Sounds like Home Security is on to you!


----------



## Crimea_River (May 29, 2014)

Yeah. Ba$tards are coming across the border now. Gonna run a scan of machine tonight.


----------



## GrauGeist (May 30, 2014)

Cloudflare is a service provider to site owners that offers utilities in the way of filtering and visitor speed enhancement. Some of the features are bot and spammer traffic reduction, protection from attacks, ad content optimization and filtering and so on.

When you logon to WW2Aircraft, you pass through their system before actually landing on the server here.

The error message means that their gateway was unavailable because of a DNS lookup problem caused by anything from a misentered IP address (the server is tossing out an errant proxy) on the server's list to a lagging router/hub on the internet somewhere. 

None of which is your fault and is not harmful to your computer, just annoying when it happens.


----------



## Crimea_River (May 30, 2014)

Ah, thanks! First time I saw it and the scan revealed nothing unusual.


----------



## Marcel (May 30, 2014)

It's not just a matter of not enough bacon?


----------



## GrauGeist (May 30, 2014)

Marcel said:


> It's not just a matter of not enough bacon?


That was my first thought!


----------



## Gnomey (May 30, 2014)

Someone forgot to fill up the bacon meter...


----------



## Njaco (May 30, 2014)

Crimea_River said:


> Ah, thanks! First time I saw it and the scan revealed nothing unusual.



Not me. I was scanned and this happened.....

.

_View: https://www.youtube.com/watch?v=T1FxI3aVBOs_

Reactions: Like Like:
2 | Like List reactions


----------



## vikingBerserker (May 30, 2014)




----------



## Njaco (May 31, 2014)

Isn't that a "Cloudflare"?


----------



## Lucky13 (Jun 7, 2014)

Crimea_River said:


> Ah, thanks!

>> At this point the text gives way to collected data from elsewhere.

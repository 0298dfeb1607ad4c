-- ===== src/EzQueue/Fifo.antt =====
-- The queue that `ezqueue_t` promises: a first-in-first-out list under a capacity that grows by
-- doubling, up to 65535.
use multithreaded_c_server.Common.{
  ℕ, ◌≡◌, ◌≢◌, ◌⊎◌, arith, Bool, true, false, Option, none, some, List, [], ◌∷◌, ◌++◌, length, Ptr,
  ℤ, success, failure, uint16_max, ◌==◌, if◌then◌else◌,
}
use multithreaded_c_server.EzQueue.{grown}

pub record Fifo : Type 0 where
  pub capacity : ℕ
  pub waiting : List Ptr

-- `granted` says whether memory for a larger buffer can be had.
unfoldable pub put : (granted : Bool) → Fifo → Ptr → ℤ × Fifo
put granted f item =
    if length f.waiting == f.capacity
    then if f.capacity == uint16_max
      then (failure, f)
      else if granted
      then (success, record f { capacity = grown f.capacity; waiting = f.waiting ++ item ∷ [] })
      else (failure, f)
    else (success, record f { waiting = f.waiting ++ item ∷ [] })

take_from : List Ptr → ℕ → ℤ × Option Ptr × Fifo
take_from [] capacity = (failure, none, record { capacity = capacity; waiting = [] })
take_from (x ∷ xs) capacity = (success, some x, record { capacity = capacity; waiting = xs })

-- The oldest item, if there is one.
unfoldable pub get : Fifo → ℤ × Option Ptr × Fifo
unfolding take_from
get f = take_from f.waiting f.capacity

pub put_with_room :
    (granted : Bool) (f : Fifo) (item : Ptr)
    → length f.waiting ≢ f.capacity
    → put granted f item ≡ (success, record f { waiting = f.waiting ++ item ∷ [] })
unfolding put
put_with_room granted f item room = ground arith

pub put_resizing :
    (f : Fifo) (item : Ptr)
    → length f.waiting ≡ f.capacity
    → f.capacity ≢ uint16_max
    → put true f item
      ≡ (success, record f { capacity = grown f.capacity; waiting = f.waiting ++ item ∷ [] })
unfolding put
put_resizing f item full small = ground arith

pub put_refused :
    (granted : Bool) (f : Fifo) (item : Ptr)
    → length f.waiting ≡ f.capacity
    → (f.capacity ≡ uint16_max) ⊎ (granted ≡ false)
    → put granted f item ≡ (failure, f)
unfolding put
put_refused granted f item full why = ground arith

pub get_nothing : (f : Fifo) → length f.waiting ≡ 0 → get f ≡ (failure, none, f)
unfolding get
get_nothing f e = ground arith
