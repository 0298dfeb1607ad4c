-- ===== src/EzQueue/Resize.antt =====
-- `ezq_resize` lays the items out straight at the front of a block of the new size.
use native.Mathlib.Nat.{mod-eq_of_lt}
use multithreaded_c_server.Common.{
  ℕ, ◌-◌, ◌%◌, ◌≤◌, ◌<◌, ◌≡◌, sym, ap, ◌∙◌, ◌≢◌, some, List, [], ◌++◌, arith, length, drop, Ptr,
  Malloc, MallocLaw, success, uint16_max, length-append, length-drop,
}
use multithreaded_c_server.EzQueue.{EzQueue, grown, resize}
use multithreaded_c_server.EzQueue.Contents.{
  items, items-straight, contents, length-contents, IsValid, copy_items-items,
}

pub grown_bounds : (n : ℕ) → 0 < n → n < uint16_max → (n < grown n) × (grown n ≤ uint16_max)
unfolding grown
grown_bounds n pos lt = ground arith

-- The queue that a resize leaves, with what malloc returned behind the items.
unfoldable pub resized : EzQueue → List Ptr → EzQueue
resized q block = record {
  pp_buf = contents q ++ drop q.num_items block;
  num_items = q.num_items;
  max_items = grown q.max_items;
  idx_head = 0;
  idx_tail = q.num_items - 1;
}

pub resize-resized :
    (malloc : Malloc Ptr) {q : EzQueue} {block : List Ptr}
    → MallocLaw malloc
    → IsValid q
    → q.num_items ≡ q.max_items
    → q.max_items ≢ uint16_max
    → malloc (grown q.max_items) ≡ some block
    → resize malloc q ≡ some (success, resized q block)
unfolding resize resized
resize-resized malloc {q} {block} law v full small e =
    let room : q.num_items ≤ length block = omega (arith, law _ _ e, grown_bounds q.max_items) in
    ground (arith, e, copy_items-items q q.num_items [] block v.storage v.positive room)

pub contents-resized :
    {q : EzQueue} (block : List Ptr)
    → IsValid q
    → q.num_items ≡ q.max_items
    → q.max_items ≢ uint16_max
    → contents (resized q block) ≡ contents q
unfolding resized
contents-resized {q} block v full small =
    ap (λ n. items (contents q ++ drop q.num_items block) (grown q.max_items) 0 n 0)
      (sym (length-contents q))
    ∙ items-straight [] (contents q) (drop q.num_items block) (grown q.max_items)
        (omega (arith, length-contents q, grown_bounds q.max_items))

pub resized-IsValid :
    {q : EzQueue} (block : List Ptr)
    → IsValid q
    → q.num_items ≡ q.max_items
    → q.max_items ≢ uint16_max
    → length block ≡ grown q.max_items
    → IsValid (resized q block)
unfolding resized
resized-IsValid {q} block v full small e =
    let bounds = grown_bounds q.max_items v.positive (omega arith) in
    let last = mod-eq_of_lt {n = q.num_items - 1} {m = grown q.max_items} (omega arith) in
    record {
      storage = omega (
        arith,
        length-append (contents q) (drop q.num_items block),
        length-contents q,
        length-drop q.num_items block,
      );
      positive = omega arith;
      fits = omega arith;
      count = omega arith;
      resting = λ none_left. absurd (omega arith);
      head_in = λ some_left. omega arith;
      tail_at = λ some_left. sym last ∙ ap (λ n. n % grown q.max_items) (omega arith);
    }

First time I saw it and the scan revealed nothing unusual.



See! Told you that the tinfoil hat would help! Scan revealed nothing.....how good is that?


----------



## Lucky13 (Jun 7, 2014)

Hmmmmm.....

Another double post!


----------



## mikewint (Jun 7, 2014)

I still vote for the NSA reacting to that 3 for 1 shooting AR


----------



## Wurger (Jun 7, 2014)

Lucky13 said:


> Hmmmmm.....
> 
> Another double post!



Just too much of clicking. Eat bacon and have a pint.


----------



## GrauGeist (Jun 7, 2014)

mikewint said:


> I still vote for the NSA reacting to that 3 for 1 shooting AR


lol...there's alot more than the NSA out there with their shennigans (according to the internet...so it must be true, right?):
NASA
CIA
FBI
DHS
ICE
HAARP
Chemtrails
Those guys in the black helicopters
Aliens (from Area 51 only)

Of course, none of the other organizations across the globe need apply, the U.S. has it all covered! 

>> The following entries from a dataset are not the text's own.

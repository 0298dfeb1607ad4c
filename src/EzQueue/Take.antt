-- ===== src/EzQueue/Take.antt =====
-- `ezq_dequeue` takes the oldest item off.
use native.Mathlib.Nat.{mod-eq_of_lt, mod-add-mod}
use multithreaded_c_server.Common.{
  suc, ◌+◌, ◌-◌, ◌%◌, ◌<◌, ◌≡◌, refl, sym, ap, ap₂, ◌∙◌, Bool-cases, some, ◌∷◌, arith, get_or, inl,
  inr, Ptr, success, failure, uint16_max, to_uint16, ◌==◌, load-get_or,
}
use multithreaded_c_server.EzQueue.{EzQueue, drop_head, dequeue_object, dequeue}
use multithreaded_c_server.EzQueue.Contents.{items, items-next, contents, IsValid}

contents-drop_head :
    {q : EzQueue}
    → IsValid q
    → 0 < q.num_items
    → contents (drop_head q)
      ≡ items q.pp_buf q.max_items ((q.idx_head + 1) % q.max_items) (q.num_items - 1) 0
unfolding drop_head
contents-drop_head {q} v some_left = elim (Bool-cases (q.num_items == 1)) [
  | inl last ↦ let e : q.num_items - 1 ≡ 0 = ground arith in rw (last, e)
  | inr more ↦
      rw more
        (ap (λ n. items q.pp_buf q.max_items ((q.idx_head + 1) % q.max_items) n 0) (omega arith))
]

-- The first of the contents is the item at the head, and the rest stays.
pub contents-head :
    {q : EzQueue}
    → IsValid q
    → 0 < q.num_items
    → contents q ≡ get_or q.pp_buf q.idx_head 0 ∷ contents (drop_head q)
contents-head {q} v some_left =
    ap (λ n. items q.pp_buf q.max_items q.idx_head n 0) {y = suc (q.num_items - 1)} (omega arith)
    ∙ ap₂ ◌∷◌ (ap (λ n. get_or q.pp_buf n 0) first) (
        sym (items-next q.pp_buf q.max_items q.idx_head (q.num_items - 1) 0)
        ∙ sym (contents-drop_head v some_left))
  where
    first : (q.idx_head + 0) % q.max_items ≡ q.idx_head
    first = ap (λ n. n % q.max_items) (omega arith) ∙ mod-eq_of_lt (v.head_in some_left)

pub drop_head-IsValid : {q : EzQueue} → IsValid q → 0 < q.num_items → IsValid (drop_head q)
unfolding drop_head
drop_head-IsValid {q} v some_left = elim (Bool-cases (q.num_items == 1)) [
  | inl last ↦ rw last (record {
    storage = v.storage;
    positive = v.positive;
    fits = v.fits;
    count = omega arith;
    resting = λ none_left. (refl, refl);
    head_in = λ absent. absurd (omega arith);
    tail_at = λ absent. absurd (omega arith);
  })
  | inr more ↦ rw more (
      let several : 1 < q.num_items = ground arith in
      let left : to_uint16 (q.num_items + uint16_max) ≡ q.num_items - 1 = omega arith in
      record {
        storage = v.storage;
        positive = v.positive;
        fits = v.fits;
        count = omega arith;
        resting = λ none_left. absurd (omega arith);
        head_in = λ _. omega arith;
        tail_at = λ _.
            v.tail_at some_left
            ∙ ap (λ n. n % q.max_items) {y = q.idx_head + 1 + (q.num_items - 1 - 1)} (omega arith)
            ∙ sym (mod-add-mod (q.idx_head + 1) q.max_items (q.num_items - 1 - 1))
            ∙ ap (λ n. ((q.idx_head + 1) % q.max_items + n) % q.max_items) (omega arith);
      })
]

pub dequeue_object_lem :
    {q : EzQueue} (out : Ptr)
    → IsValid q
    → 0 < q.num_items
    → dequeue_object q out ≡ some (success, drop_head q, get_or q.pp_buf q.idx_head 0)
unfolding dequeue_object
dequeue_object_lem {q} out v some_left = ground (arith, load-get_or q.pp_buf q.idx_head 0)

pub dequeue-drop_head :
    {q : EzQueue} (out : Ptr)
    → IsValid q
    → 0 < q.num_items
    → dequeue (some q) (some out)
      ≡ some (success, some (drop_head q), some (get_or q.pp_buf q.idx_head 0))
unfolding dequeue
dequeue-drop_head {q} out v some_left = rw (dequeue_object_lem out v some_left)

pub dequeue_empty :
    (q : EzQueue) (out : Ptr)
    → q.num_items ≡ 0
    → dequeue (some q) (some out) ≡ some (failure, some q, some out)
unfolding dequeue
dequeue_empty q out none_left = ground arith

pub max_items-drop_head : (q : EzQueue) → (drop_head q).max_items ≡ q.max_items
unfolding drop_head
max_items-drop_head q = ground arith

pub num_items-drop_head :
    {q : EzQueue} → IsValid q → 0 < q.num_items → (drop_head q).num_items ≡ q.num_items - 1
unfolding drop_head
num_items-drop_head {q} v some_left = ground arith
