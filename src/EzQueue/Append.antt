-- ===== src/EzQueue/Append.antt =====
-- The end of `ezq_enqueue`: the item goes to the slot behind the tail.
use native.Mathlib.Nat.{mod-eq_of_lt, mod-add-mod}
use multithreaded_c_server.Common.{
  ℕ, suc, ◌+◌, ◌-◌, ◌%◌, ◌<◌, ◌≡◌, sym, ap, ap₂, ◌∙◌, Bool-cases, some, List, [], ◌∷◌, ◌++◌, arith,
  get_or, set, inl, inr, Ptr, success, ◌==◌, if◌then◌else◌, length-set, get_or-set_self,
}
use multithreaded_c_server.EzQueue.{EzQueue, append_item}
use multithreaded_c_server.EzQueue.Contents.{
  items, items-snoc, items-set, slots_differ, contents, IsValid,
}

next_head : EzQueue → ℕ
next_head q = if q.num_items == 0 then 0 else q.idx_head

next_tail : EzQueue → ℕ
next_tail q = if q.num_items == 0 then 0 else (q.idx_tail + 1) % q.max_items

next_tail-next_head :
    {q : EzQueue} → IsValid q → next_tail q ≡ (next_head q + q.num_items) % q.max_items
unfolding next_tail next_head
next_tail-next_head {q} v = elim (Bool-cases (q.num_items == 0)) [
  | inl none_left ↦ ground (arith, mod-eq_of_lt {n = 0} {m = q.max_items})
  | inr some_left ↦ rw some_left (
      ap (λ n. (n + 1) % q.max_items) (v.tail_at (ground arith))
      ∙ mod-add-mod (q.idx_head + (q.num_items - 1)) q.max_items 1
      ∙ ap (λ n. n % q.max_items) (ground arith))
]

-- The queue with an item written behind its tail.
unfoldable pub appended : EzQueue → Ptr → EzQueue
unfolding next_head next_tail
appended q item = record q {
  pp_buf = set q.pp_buf (next_tail q) item;
  num_items = q.num_items + 1;
  idx_head = next_head q;
  idx_tail = next_tail q;
}

pub append_item-appended :
    {q : EzQueue} (item : Ptr)
    → IsValid q
    → q.num_items < q.max_items
    → append_item q item ≡ some (success, appended q item)
unfolding append_item appended
append_item-appended {q} item v room = ground arith

next_in : {q : EzQueue} → IsValid q → (next_head q < q.max_items) × (next_tail q < q.max_items)
unfolding next_head next_tail
next_in v = ground arith

pub appended-IsValid :
    {q : EzQueue} (item : Ptr) → IsValid q → q.num_items < q.max_items → IsValid (appended q item)
unfolding appended
appended-IsValid {q} item v room = record {
  storage = length-set q.pp_buf (next_tail q) item ∙ v.storage;
  positive = v.positive;
  fits = v.fits;
  count = omega arith;
  resting = λ none_left. absurd (omega arith);
  head_in = λ some_left. (next_in v).0;
  tail_at =
      λ some_left. next_tail-next_head v ∙ ap (λ n. (next_head q + n) % q.max_items) (omega arith);
}

items-next_head :
    (q : EzQueue) → items q.pp_buf q.max_items (next_head q) q.num_items 0 ≡ contents q
unfolding next_head
items-next_head q = elim (Bool-cases (q.num_items == 0)) [
  | inl none_left ↦ let e : q.num_items ≡ 0 = ground arith in rw e
  | inr some_left ↦ rw some_left
]

pub contents-appended :
    {q : EzQueue} (item : Ptr)
    → IsValid q
    → q.num_items < q.max_items
    → contents (appended q item) ≡ contents q ++ item ∷ []
unfolding appended
contents-appended {q} item v room =
    ap (λ n. items buf q.max_items (next_head q) n 0) {y = suc q.num_items} (omega arith)
    ∙ items-snoc buf q.max_items (next_head q) q.num_items 0
    ∙ ap₂ (λ xs x. xs ++ x ∷ []) (kept ∙ items-next_head q) written
  where
    slot : ℕ
    slot = next_tail q

    buf : List Ptr
    buf = set q.pp_buf slot item

    place : slot ≡ (next_head q + (0 + q.num_items)) % q.max_items
    place = next_tail-next_head v ∙ ap (λ n. (next_head q + n) % q.max_items) (omega arith)

    kept :
        items buf q.max_items (next_head q) q.num_items 0
        ≡ items q.pp_buf q.max_items (next_head q) q.num_items 0
    kept = items-set q.pp_buf q.max_items (next_head q) slot item q.num_items 0 λ n lo hi e.
        slots_differ q.max_items (next_head q) n q.num_items (omega arith) room
          (sym (next_tail-next_head v) ∙ e)

    written : get_or buf ((next_head q + (0 + q.num_items)) % q.max_items) 0 ≡ item
    written =
        ap (λ n. get_or buf n 0) (sym place)
        ∙ get_or-set_self q.pp_buf slot item 0 (omega (arith, next_in v, v.storage))
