-- ===== src/EzQueue/Refine.antt =====
-- `ezq_enqueue` and `ezq_dequeue` against the abstract queue.
use native.Mathlib.Decide.{dec_lt, ℕ_discrete}
use multithreaded_c_server.Common.{
  ◌<◌, ◌≡◌, refl, ap, ◌∙◌, ◌≢◌, false, Option-cases, Option, none, some, List, [], ◌∷◌, ◌++◌, arith,
  length, get_or, inl, inr, ◌⊎◌, Ptr, Malloc, MallocLaw, ℤ, success, failure, is_some, get_or_else,
  uint16_max,
}
use multithreaded_c_server.EzQueue.{EzQueue, grown, enqueue, drop_head, dequeue}
use multithreaded_c_server.EzQueue.Contents.{contents, length-contents, IsValid}
use multithreaded_c_server.EzQueue.Resize.{
  grown_bounds, resized, resize-resized, contents-resized, resized-IsValid,
}
use multithreaded_c_server.EzQueue.Take.{
  contents-head, drop_head-IsValid, dequeue-drop_head, dequeue_empty, max_items-drop_head,
}
use multithreaded_c_server.EzQueue.Append.{
  appended, append_item-appended, appended-IsValid, contents-appended,
}
use multithreaded_c_server.EzQueue.Fifo
use multithreaded_c_server.EzQueue.Fifo.{Fifo}

abbrev pub as_fifo : EzQueue → Fifo
as_fifo q = record { capacity = q.max_items; waiting = contents q }

enqueue_with_room :
    (malloc : Malloc Ptr) {q : EzQueue} (item : Ptr)
    → IsValid q
    → q.num_items < q.max_items
    → enqueue malloc (some q) item ≡ some (success, some (appended q item))
unfolding enqueue
enqueue_with_room malloc {q} item v room = ground (arith, append_item-appended item v room)

enqueue_resizing :
    (malloc : Malloc Ptr) {q : EzQueue} (item : Ptr) {block : List Ptr}
    → MallocLaw malloc
    → IsValid q
    → q.num_items ≡ q.max_items
    → q.max_items ≢ uint16_max
    → malloc (grown q.max_items) ≡ some block
    → enqueue malloc (some q) item ≡ some (success, some (appended (resized q block) item))
unfolding enqueue resized
enqueue_resizing malloc {q} item {block} law v full small e =
    let w = resized-IsValid block v full small (law _ _ e) in
    let room = grown_bounds q.max_items v.positive (omega arith) in
    ground (
      arith,
      resize-resized malloc law v full small e,
      append_item-appended {q = resized q block} item w,
    )

enqueue_refused :
    (malloc : Malloc Ptr) (q : EzQueue) (item : Ptr)
    → q.num_items ≡ q.max_items
    → (q.max_items ≡ uint16_max) ⊎ (malloc (grown q.max_items) ≡ none)
    → enqueue malloc (some q) item ≡ some (failure, some q)
unfolding enqueue
enqueue_refused malloc q item full why = ground arith

-- What a call of `ezq_enqueue` leaves behind, when the abstract queue answers `out`.
abbrev pub Enqueues : Malloc Ptr → EzQueue → Ptr → ℤ × Fifo → Type 0
Enqueues malloc q item out =
    (q' : EzQueue) × (enqueue malloc (some q) item ≡ some (out.0, some q'))
    × IsValid q'
    × (as_fifo q' ≡ out.1)

Enqueues-room :
    (malloc : Malloc Ptr) {q : EzQueue} (item : Ptr)
    → IsValid q
    → q.num_items < q.max_items
    → Enqueues malloc q item
        (success, record { capacity = q.max_items; waiting = contents q ++ item ∷ [] })
unfolding appended
Enqueues-room malloc {q} item v room = (
  appended q item,
  enqueue_with_room malloc item v room,
  appended-IsValid item v room,
  λ i. record { capacity = q.max_items; waiting = contents-appended item v room i },
)

Enqueues-resized :
    (malloc : Malloc Ptr) {q : EzQueue} (item : Ptr) {block : List Ptr}
    → MallocLaw malloc
    → IsValid q
    → q.num_items ≡ q.max_items
    → q.max_items ≢ uint16_max
    → malloc (grown q.max_items) ≡ some block
    → Enqueues malloc q item
        (success, record { capacity = grown q.max_items; waiting = contents q ++ item ∷ [] })
unfolding resized grown appended
Enqueues-resized malloc {q} item {block} law v full small e =
    let w = resized-IsValid block v full small (law _ _ e) in
    let bounds = grown_bounds q.max_items v.positive (omega arith) in
    let room : q.num_items < grown q.max_items = omega arith in
    (
      appended (resized q block) item,
      enqueue_resizing malloc item law v full small e,
      appended-IsValid item w room,
      λ i. record {
        capacity = grown q.max_items;
        waiting =
            (contents-appended item w room
                ∙ ap (λ xs. xs ++ item ∷ []) (contents-resized block v full small))
              i;
      },
    )

Enqueues-refused :
    (malloc : Malloc Ptr) {q : EzQueue} (item : Ptr)
    → IsValid q
    → q.num_items ≡ q.max_items
    → (q.max_items ≡ uint16_max) ⊎ (malloc (grown q.max_items) ≡ none)
    → Enqueues malloc q item (failure, as_fifo q)
Enqueues-refused malloc {q} item v full why = (q, enqueue_refused malloc q item full why, v, refl)

-- `ezq_enqueue` stays inside its block, keeps the invariant, and returns and does to the contents
-- and the capacity what the abstract queue does, whatever malloc returns that keeps its contract.
pub enqueue_refines :
    (malloc : Malloc Ptr) {q : EzQueue} (item : Ptr)
    → MallocLaw malloc
    → IsValid q
    → Enqueues malloc q item (Fifo.put (is_some (malloc (grown q.max_items))) (as_fifo q) item)
enqueue_refines malloc {q} item law v = elim (dec_lt q.num_items q.max_items) [
  | yes room ↦
      rw (Fifo.put_with_room _ (as_fifo q) item (omega (arith, length-contents q)))
        (Enqueues-room malloc item v room)
  | no crowded ↦
      let full : q.num_items ≡ q.max_items = omega arith in
      let same : length (contents q) ≡ q.max_items = length-contents q ∙ full in
      elim (ℕ_discrete q.max_items uint16_max) [
        | yes largest ↦
            rw
              (Fifo.put_refused (is_some (malloc (grown q.max_items))) (as_fifo q) item same
                (inl largest))
              (Enqueues-refused malloc item v full (inl largest))
        | no small ↦ elim (Option-cases (malloc (grown q.max_items))) [
          | inl e ↦
              rw (ap is_some e, Fifo.put_refused false (as_fifo q) item same (inr refl))
                (Enqueues-refused malloc item v full (inr e))
          | inr (block, e) ↦
              rw (ap is_some e, Fifo.put_resizing (as_fifo q) item same small)
                (Enqueues-resized malloc item law v full small e)
        ]
      ]
]

-- What a call of `ezq_dequeue` with an out-parameter that held `out` leaves behind.
abbrev pub Dequeues : EzQueue → Ptr → ℤ × Option Ptr × Fifo → Type 0
Dequeues q out answer =
    (q' : EzQueue) × (dequeue (some q) (some out)
      ≡ some (answer.0, some q', some (get_or_else answer.1 out)))
    × IsValid q'
    × (as_fifo q' ≡ answer.2)

Dequeues-some :
    {q : EzQueue} (out : Ptr)
    → IsValid q
    → 0 < q.num_items
    → Dequeues q out (
        Fifo.get (record {
          capacity = q.max_items;
          waiting = get_or q.pp_buf q.idx_head 0 ∷ contents (drop_head q);
        }))
unfolding Fifo.get
Dequeues-some {q} out v some_left = (
  drop_head q,
  dequeue-drop_head out v some_left,
  drop_head-IsValid v some_left,
  λ i. record { capacity = max_items-drop_head q i; waiting = contents (drop_head q) },
)

-- `ezq_dequeue` stays inside its block, keeps the invariant, and hands over the oldest item, or
-- fails on an empty queue with `*pp_out` unchanged, as the abstract queue does.
pub dequeue_refines : {q : EzQueue} (out : Ptr) → IsValid q → Dequeues q out (Fifo.get (as_fifo q))
dequeue_refines {q} out v = elim (dec_lt 0 q.num_items) [
  | yes some_left ↦
      rw
        (ap (λ xs. Fifo.get (record { capacity = q.max_items; waiting = xs }))
          (contents-head v some_left))
        (Dequeues-some out v some_left)
  | no none_left ↦
      let e : q.num_items ≡ 0 = omega arith in
      rw (Fifo.get_nothing (as_fifo q) (length-contents q ∙ e)) (q, dequeue_empty q out e, v, refl)
]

Personally, I think that if the NSA was snooping around the forums here, they wouldn't get past the "breaking news" thread!


----------



## Lucky13 (Jun 7, 2014)

National Security?


----------



## Crimea_River (Jun 12, 2014)

Insecurity?


----------



## N4521U (Jun 13, 2014)

Sometimes if them CloudFlares show up Indoors.......... could be someone breaking wind!


----------